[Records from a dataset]
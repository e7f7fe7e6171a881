-- ===== src/Session/System/Tests.antt =====
-- A session over a list as the channel: the prompt on its way, and the exit that is received.
use terminald.Base.Int.{pos}
use terminald.Base.{
  List, [], ◌∷◌, ◌++◌, none, some, true, false, ◌⊎◌, ◌≡◌, refl, codes, Bytes, Error, ok,
}
use terminald.Channel.{Channel, IsChannel}
use terminald.Channel.Tests.{bounded_list, bounded_list-IsChannel}
use terminald.Protocol.{ServerMessage, output, exited, encode_server}
use terminald.Protocol.Tests.{two_numbers}
use terminald.Session.{Event, send, binary, received, Turn, drive_socket, turn, forward, exit_code}
use terminald.Session.Screen.{outputs_of, screen}
use terminald.Session.System.{
  channel_capacity, reading, sending, exiting, done, System, init, GoesOn, take_turn, Step, reads,
  exits, waits, wait_fails, sends, send_fails, serves, finishes, ends, drops, receives, Reach,
  start, later,
}
use terminald.Session.System.Flow.{system_loses_nothing}
use terminald.Session.System.Order.{exit_shows_all}
use terminald.Session.System.Progress.{IsOwn, WaitsOutside, settled_shows_all}

abbrev Queue : Type 0
Queue = List ServerMessage

abbrev pub bounded : Channel ServerMessage (List ServerMessage)
bounded = bounded_list channel_capacity

pub bounded-IsChannel : IsChannel channel_capacity bounded
bounded-IsChannel = bounded_list-IsChannel channel_capacity

abbrev pub plain : Error → Bytes
plain e = codes "error"

abbrev pub prompt : ServerMessage
prompt = output (codes "$ ")

abbrev pub shown : List Turn
shown = take_turn (received prompt) (ok tt) []

abbrev pub about_to_send : System Queue
about_to_send = record {
  phase = sending prompt;
  taken = codes "$ ";
  queue = [];
  turns = [];
  handling = none;
  child_ended = false;
  gone = false;
}

abbrev pub prompt_queued : System Queue
prompt_queued = record about_to_send { phase = reading; queue = prompt ∷ [] }

abbrev pub prompt_in_hand : System Queue
prompt_in_hand = record prompt_queued { queue = []; handling = some (received prompt) }

abbrev pub prompt_shown : System Queue
prompt_shown = record prompt_in_hand { turns = shown; handling = none }

abbrev shell_gone : System Queue
shell_gone = record prompt_shown { phase = exiting; child_ended = true }

abbrev ended : System Queue
ended = record shell_gone { phase = done; queue = exited (pos 0) ∷ [] }

no_turns-GoesOn : GoesOn two_numbers plain []
unfolding drive_socket
no_turns-GoesOn = refl

shown-GoesOn : GoesOn two_numbers plain shown
unfolding drive_socket turn forward
shown-GoesOn = refl

pub shown_actions :
    (drive_socket two_numbers plain shown).actions ≡ send (binary (2 ∷ codes "$ ")) ∷ []
unfolding drive_socket turn forward encode_server
shown_actions = refl

about_to_send_reached : Reach two_numbers plain bounded about_to_send
about_to_send_reached = later start (reads (init bounded) (ok (codes "$ ")) refl)

abbrev send_prompt : Step two_numbers plain bounded about_to_send prompt_queued
send_prompt = sends about_to_send prompt (prompt ∷ []) refl refl refl

abbrev receive_prompt : Step two_numbers plain bounded prompt_queued prompt_in_hand
receive_prompt = receives prompt_queued prompt [] no_turns-GoesOn refl refl

abbrev show_prompt : Step two_numbers plain bounded prompt_in_hand prompt_shown
show_prompt = finishes prompt_in_hand (received prompt) (ok tt) no_turns-GoesOn refl

pub prompt_shown_reached : Reach two_numbers plain bounded prompt_shown
prompt_shown_reached =
    later (later (later about_to_send_reached send_prompt) receive_prompt) show_prompt

ended_reached : Reach two_numbers plain bounded ended
unfolding exit_code
ended_reached =
    later
      (later
        (later (later prompt_shown_reached (reads prompt_shown (ok []) refl))
          (exits (record prompt_shown { phase = exiting })))
        (waits shell_gone (some (pos 0)) refl refl))
      (sends (record shell_gone { phase = sending (exited (pos 0)) }) (exited (pos 0))
        (exited (pos 0) ∷ []) refl refl refl)

-- The prompt is in the channel.
system_loses_nothing_example :
    screen (drive_socket two_numbers plain []).actions ++ (outputs_of (prompt ∷ []) ++ [])
    ≡ codes "$ "
system_loses_nothing_example =
    system_loses_nothing two_numbers plain bounded bounded-IsChannel
      (later about_to_send_reached send_prompt) no_turns-GoesOn

exit_shows_all_example :
    (done ≡ done)
    × (bounded.contents [] ≡ [])
    × (screen (drive_socket two_numbers plain shown).actions ≡ codes "$ ")
exit_shows_all_example =
    exit_shows_all two_numbers plain bounded bounded-IsChannel (pos 0) [] ended_reached shown-GoesOn
      refl refl

-- The reader task waits for the terminal and the channel is empty.
idle :
    {s : System Queue}
    → s.phase ≡ reading
    → s.queue ≡ []
    → (t : System Queue) (step : Step two_numbers plain bounded s t)
    → ¬ IsOwn two_numbers plain bounded step
idle reads_next empty _ (reads s r p) h = h
idle reads_next empty _ (exits s) h = h
idle reads_next empty _ (waits s status p over) h = cc
idle reads_next empty _ (wait_fails s e p) h = h
idle reads_next empty _ (sends s m q p alive sent) h = cc
idle reads_next empty _ (send_fails s m p g) h = h
idle reads_next empty _ (receives s m q on free got) h = let taken = (rw empty at got) in cc
idle reads_next empty _ (serves s item on free) h = h
idle reads_next empty _ (finishes s event answer on held) h = h
idle reads_next empty _ (ends s answer on free p got) h = h
idle reads_next empty _ (drops s off) h = h

settled_shows_all_example :
    ((event : Event) × (none ≡ some event))
    ⊎ (WaitsOutside two_numbers plain bounded bounded-IsChannel prompt_shown reading
        × (screen (drive_socket two_numbers plain shown).actions ≡ codes "$ "))
settled_shows_all_example =
    settled_shows_all two_numbers plain bounded bounded-IsChannel prompt_shown_reached shown-GoesOn
      (idle refl refl)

§ Task goal: Take the data above and reproduce it exactly.

§ Written reply:
repository e7f7fe7e6171a881
-- ===== src/Session/System/Tests.antt =====
-- A session over a list as the channel: the prompt on its way, and the exit that is received.
use terminald.Base.Int.{pos}
use terminald.Base.{
  List, [], ◌∷◌, ◌++◌, none, some, true, false, ◌⊎◌, ◌≡◌, refl, codes, Bytes, Error, ok,
}
use terminald.Channel.{Channel, IsChannel}
use terminald.Channel.Tests.{bounded_list, bounded_list-IsChannel}
use terminald.Protocol.{ServerMessage, output, exited, encode_server}
use terminald.Protocol.Tests.{two_numbers}
use terminald.Session.{Event, send, binary, received, Turn, drive_socket, turn, forward, exit_code}
use terminald.Session.Screen.{outputs_of, screen}
use terminald.Session.System.{
  channel_capacity, reading, sending, exiting, done, System, init, GoesOn, take_turn, Step, reads,
  exits, waits, wait_fails, sends, send_fails, serves, finishes, ends, drops, receives, Reach,
  start, later,
}
use terminald.Session.System.Flow.{system_loses_nothing}
use terminald.Session.System.Order.{exit_shows_all}
use terminald.Session.System.Progress.{IsOwn, WaitsOutside, settled_shows_all}

abbrev Queue : Type 0
Queue = List ServerMessage

abbrev pub bounded : Channel ServerMessage (List ServerMessage)
bounded = bounded_list channel_capacity

pub bounded-IsChannel : IsChannel channel_capacity bounded
bounded-IsChannel = bounded_list-IsChannel channel_capacity

abbrev pub plain : Error → Bytes
plain e = codes "error"

abbrev pub prompt : ServerMessage
prompt = output (codes "$ ")

abbrev pub shown : List Turn
shown = take_turn (received prompt) (ok tt) []

abbrev pub about_to_send : System Queue
about_to_send = record {
  phase = sending prompt;
  taken = codes "$ ";
  queue = [];
  turns = [];
  handling = none;
  child_ended = false;
  gone = false;
}

abbrev pub prompt_queued : System Queue
prompt_queued = record about_to_send { phase = reading; queue = prompt ∷ [] }

abbrev pub prompt_in_hand : System Queue
prompt_in_hand = record prompt_queued { queue = []; handling = some (received prompt) }

abbrev pub prompt_shown : System Queue
prompt_shown = record prompt_in_hand { turns = shown; handling = none }

abbrev shell_gone : System Queue
shell_gone = record prompt_shown { phase = exiting; child_ended = true }

abbrev ended : System Queue
ended = record shell_gone { phase = done; queue = exited (pos 0) ∷ [] }

no_turns-GoesOn : GoesOn two_numbers plain []
unfolding drive_socket
no_turns-GoesOn = refl

shown-GoesOn : GoesOn two_numbers plain shown
unfolding drive_socket turn forward
shown-GoesOn = refl

pub shown_actions :
    (drive_socket two_numbers plain shown).actions ≡ send (binary (2 ∷ codes "$ ")) ∷ []
unfolding drive_socket turn forward encode_server
shown_actions = refl

about_to_send_reached : Reach two_numbers plain bounded about_to_send
about_to_send_reached = later start (reads (init bounded) (ok (codes "$ ")) refl)

abbrev send_prompt : Step two_numbers plain bounded about_to_send prompt_queued
send_prompt = sends about_to_send prompt (prompt ∷ []) refl refl refl

abbrev receive_prompt : Step two_numbers plain bounded prompt_queued prompt_in_hand
receive_prompt = receives prompt_queued prompt [] no_turns-GoesOn refl refl

abbrev show_prompt : Step two_numbers plain bounded prompt_in_hand prompt_shown
show_prompt = finishes prompt_in_hand (received prompt) (ok tt) no_turns-GoesOn refl

pub prompt_shown_reached : Reach two_numbers plain bounded prompt_shown
prompt_shown_reached =
    later (later (later about_to_send_reached send_prompt) receive_prompt) show_prompt

ended_reached : Reach two_numbers plain bounded ended
unfolding exit_code
ended_reached =
    later
      (later
        (later (later prompt_shown_reached (reads prompt_shown (ok []) refl))
          (exits (record prompt_shown { phase = exiting })))
        (waits shell_gone (some (pos 0)) refl refl))
      (sends (record shell_gone { phase = sending (exited (pos 0)) }) (exited (pos 0))
        (exited (pos 0) ∷ []) refl refl refl)

-- The prompt is in the channel.
system_loses_nothing_example :
    screen (drive_socket two_numbers plain []).actions ++ (outputs_of (prompt ∷ []) ++ [])
    ≡ codes "$ "
system_loses_nothing_example =
    system_loses_nothing two_numbers plain bounded bounded-IsChannel
      (later about_to_send_reached send_prompt) no_turns-GoesOn

exit_shows_all_example :
    (done ≡ done)
    × (bounded.contents [] ≡ [])
    × (screen (drive_socket two_numbers plain shown).actions ≡ codes "$ ")
exit_shows_all_example =
    exit_shows_all two_numbers plain bounded bounded-IsChannel (pos 0) [] ended_reached shown-GoesOn
      refl refl

-- The reader task waits for the terminal and the channel is empty.
idle :
    {s : System Queue}
    → s.phase ≡ reading
    → s.queue ≡ []
    → (t : System Queue) (step : Step two_numbers plain bounded s t)
    → ¬ IsOwn two_numbers plain bounded step
idle reads_next empty _ (reads s r p) h = h
idle reads_next empty _ (exits s) h = h
idle reads_next empty _ (waits s status p over) h = cc
idle reads_next empty _ (wait_fails s e p) h = h
idle reads_next empty _ (sends s m q p alive sent) h = cc
idle reads_next empty _ (send_fails s m p g) h = h
idle reads_next empty _ (receives s m q on free got) h = let taken = (rw empty at got) in cc
idle reads_next empty _ (serves s item on free) h = h
idle reads_next empty _ (finishes s event answer on held) h = h
idle reads_next empty _ (ends s answer on free p got) h = h
idle reads_next empty _ (drops s off) h = h

settled_shows_all_example :
    ((event : Event) × (none ≡ some event))
    ⊎ (WaitsOutside two_numbers plain bounded bounded-IsChannel prompt_shown reading
        × (screen (drive_socket two_numbers plain shown).actions ≡ codes "$ "))
settled_shows_all_example =
    settled_shows_all two_numbers plain bounded bounded-IsChannel prompt_shown_reached shown-GoesOn
      (idle refl refl)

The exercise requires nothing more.